Sizler için Diyanet TV izliyor, Akit ve Milat gazetelerini okuyorum. Bunları izleyip okuduğum için karım neredeyse beni boşama seviyesine gelmiş durumda. Bunu hangi riskleri göze aldığımı ve neler çektiğimi bilesiniz diye yazıyorum…
Temsil ben Yeniçeri Ocağı’nın esasında Hristiyan çocukların zorla devşirilip birer savaşçı yapıldıktan sonra kendi halkını öldürmeleri için “cenge” hazırlayan askeri kışlalar değil de esasında yatılı bir kolej olduğunu, Hristiyan ailelerin çocuklarını bu koleje yazdırmak için sıraya girdiklerini Akit’ten Mustafa Armağan’dan öğrenmiştim. Bunu karıma anlattığımda onun benden tamamen umudunu kestiğini yüz hatlarından anladım.

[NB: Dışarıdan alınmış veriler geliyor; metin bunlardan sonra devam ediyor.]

-- ===== src/Scenarios/Methods.antt =====
-- Single calls of the coordinator, and lists of dependencies.
use spark_x_distributed_quer.Base.{
  true, arith, key_eq_iff, ◌++◌, str_ord, nat_ord, pair_ord, ℕ, String, ◌≡◌, ◌≢◌, ◌↔◌, refl, some,
  [], ◌∷◌, All,
}
use spark_x_distributed_quer.BTreeMap.{get, Distinct}
use spark_x_distributed_quer.Error.{ok, err, is_ok}
use spark_x_distributed_quer.Protocol.{
  TaskState, CoordinatorMessage, WorkerMessage, validate_worker_message, assign_task,
  protocol_version, validate_dependencies, validate_coordinator_message,
}
use spark_x_distributed_quer.Protocol.Dependencies.{Unique, validate_dependencies_iff}
use spark_x_distributed_quer.Coordinator.State.{
  StageRuntime, PartitionRuntime, Coordinator, coordinator_error,
}
use spark_x_distributed_quer.Coordinator.Time.{advance_time, timed_out_workers}
use spark_x_distributed_quer.Coordinator.Time.Expiry.{expire_stages, advance_time-stages}
use spark_x_distributed_quer.Coordinator.Due.{IsCurrent, advance_time-IsCurrent}
use spark_x_distributed_quer.Coordinator.Status.{dependencies_succeeded}
use spark_x_distributed_quer.Coordinator.Outputs.{outputs_of, dependency_output_blocks-outputs}
use spark_x_distributed_quer.Coordinator.Assign.{dependency_output_blocks, assign_to_worker}
use spark_x_distributed_quer.Coordinator.Assignments.{
  IsFiled, IsAssignment, assign_to_worker-IsAssignment,
}
use spark_x_distributed_quer.Coordinator.Updates.{record_task_update}
use spark_x_distributed_quer.Coordinator.Reports.{
  Holds, accepted_report_is_authorized, accepted_success_commits,
}
use spark_x_distributed_quer.Coordinator.Refused.{
  received, perform, refused_call_only_advances_time,
}
use spark_x_distributed_quer.Coordinator.Cancel.{cancel, cancellation}
use spark_x_distributed_quer.Coordinator.Repeated.{
  repeated_cancel_changes_nothing, other_cancel_is_refused,
}
use spark_x_distributed_quer.Coordinator.Calls.{run, submits}
use spark_x_distributed_quer.Coordinator.Lifecycle.{partition_at}
use spark_x_distributed_quer.Scenarios.Setup.{
  second, committed, codec, empty, stage, key, task, lease, leased, block, registration, assigned,
  submitted,
}

abbrev now : Coordinator
now = run codec empty assigned

distinct : Distinct now.stages
unfolding run get
distinct = (refl, tt)

advance_time-stages_example :
    (advance_time 90_000 now).1.stages
    ≡ expire_stages now.config.max_task_attempts 90_000
        (timed_out_workers 90_000 now.config.heartbeat_timeout_ms now.workers)
        now.stages
advance_time-stages_example = advance_time-stages 90_000 now distinct

is_current : partition_at (advance_time 20 now).1 key 0 ≡ some leased
unfolding partition_at advance_time run
is_current = refl

advance_time-IsCurrent_example : IsCurrent now 20 leased
advance_time-IsCurrent_example = advance_time-IsCurrent 20 now key 0 leased distinct is_current

abbrev before : Coordinator
before = run codec empty submitted

abbrev message : CoordinatorMessage
message = assign_task protocol_version stage task lease []

is_assigned : (assign_to_worker codec "w" 10 before).0 ≡ ok (some message)
unfolding assign_to_worker run
is_assigned = refl

Distinct-before : Distinct before.stages
unfolding run get
Distinct-before = (refl, tt)

is_filed : IsFiled before
unfolding run get
is_filed k s h = ground (arith, h, key_eq_iff key k)

assign_to_worker-IsAssignment_example :
    IsAssignment codec "w" 10 before (assign_to_worker codec "w" 10 before).1 message
assign_to_worker-IsAssignment_example =
    assign_to_worker-IsAssignment codec "w" 10 before message Distinct-before is_filed is_assigned

abbrev success : TaskState
success = TaskState.succeeded 20 (block ∷ [])

is_taken : (record_task_update "w" task success 25 now).0 ≡ ok tt
unfolding record_task_update run
is_taken = refl

is_there : partition_at now key 0 ≡ some leased
unfolding partition_at run
is_there = refl

accepted_report_is_authorized_example :
    (p : PartitionRuntime) × (partition_at now key 0 ≡ some p) × Holds "w" task 25 p
accepted_report_is_authorized_example =
    accepted_report_is_authorized "w" task success 25 now is_taken

accepted_success_commits_example :
    partition_at (record_task_update "w" task success 25 now).1 key 0
    ≡ some (PartitionRuntime.succeeded task (block ∷ []))
accepted_success_commits_example =
    accepted_success_commits "w" task 20 25 (block ∷ []) now leased is_there is_taken

-- A worker that registers again, after its lease has run out.
abbrev again : WorkerMessage
again = WorkerMessage.register protocol_version registration

is_refused :
    (perform codec (received again 90) now).0
    ≡ err (coordinator_error "worker is already registered")
unfolding perform run
is_refused = refl

refused_call_only_advances_time_example :
    (perform codec (received again 90) now).1 ≡ (advance_time 90 now).1
unfolding is_ok validate_worker_message
refused_call_only_advances_time_example =
    refused_call_only_advances_time codec (received again 90) now
      (coordinator_error "worker is already registered") is_refused

is_cancelled : (cancel codec "q" "user" now).0 ≡ ok (cancellation "q" "user")
unfolding cancel run
is_cancelled = refl

repeated_cancel_changes_nothing_example :
    cancel codec "q" "user" (cancel codec "q" "user" now).1
    ≡ (ok (cancellation "q" "user"), (cancel codec "q" "user" now).1)
repeated_cancel_changes_nothing_example =
    repeated_cancel_changes_nothing codec "q" "user" now (cancellation "q" "user") is_cancelled

other_reason : ◌≢◌ {A = String} "user" "timeout"
other_reason h = cc

is_valid : validate_coordinator_message codec (cancellation "q" "timeout") ≡ ok tt
unfolding validate_coordinator_message
is_valid = refl

other_cancel_is_refused_example : cancel codec "q" "timeout" (cancel codec "q" "user" now).1 ≡ (
  err (coordinator_error "query was already cancelled for a different reason"),
  (cancel codec "q" "user" now).1,
)
other_cancel_is_refused_example =
    other_cancel_is_refused codec "q" "user" "timeout" now (cancellation "q" "user") is_cancelled
      other_reason is_valid

validate_dependencies_iff_example :
    (validate_dependencies 3 [] (1 ∷ 2 ∷ []) ≡ ok tt)
    ↔ (All (λ (d : ℕ). d ≢ 3) (1 ∷ 2 ∷ []) × Unique (1 ∷ 2 ∷ []))
validate_dependencies_iff_example = validate_dependencies_iff 3 (1 ∷ 2 ∷ [])

abbrev chained : Coordinator
chained = run codec empty (committed ++ submits second ∷ [])

abbrev second_stage : StageRuntime
second_stage = record { plan = second; partitions = PartitionRuntime.pending 0 ∷ [] }

is_second : get ("q", 2) chained.stages ≡ some second_stage
unfolding get run
is_second = refl

is_ready : dependencies_succeeded chained.stages second ≡ true
unfolding dependencies_succeeded run
is_ready = refl

dependency_output_blocks-outputs_example :
    dependency_output_blocks chained ("q", 2) ≡ outputs_of chained "q" (1 ∷ [])
dependency_output_blocks-outputs_example =
    dependency_output_blocks-outputs chained ("q", 2) second_stage is_second refl is_ready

Şimdilerde moda ya Diyanet TV Osmanlı padişahlarını anlatıyor. Sultan İbrahim bunlardan biri. İbrahim benim en sevdiğimdir(!) Kaçırmak istemem. Kağıt kalem alıp TV’nin karşısına geçiyorum. Eski bir alışkanlığımdır. Not alıyorum. Diyanet’in söyledikleri arasında doğru olan sadece doğum ve ölüm tarihi, ebeveynlerinin adları tahta çıkış tarihi bir de abisinin IV. Murat olduğudur. Ötesinin özeti ise, İbrahim’in diğerleri gibi iyi bir padişah olduğu ancak “çalkantılı ruh hali” nedeniyle zaman, zaman hatalar yaptığıdır. İbrahim bu kadar!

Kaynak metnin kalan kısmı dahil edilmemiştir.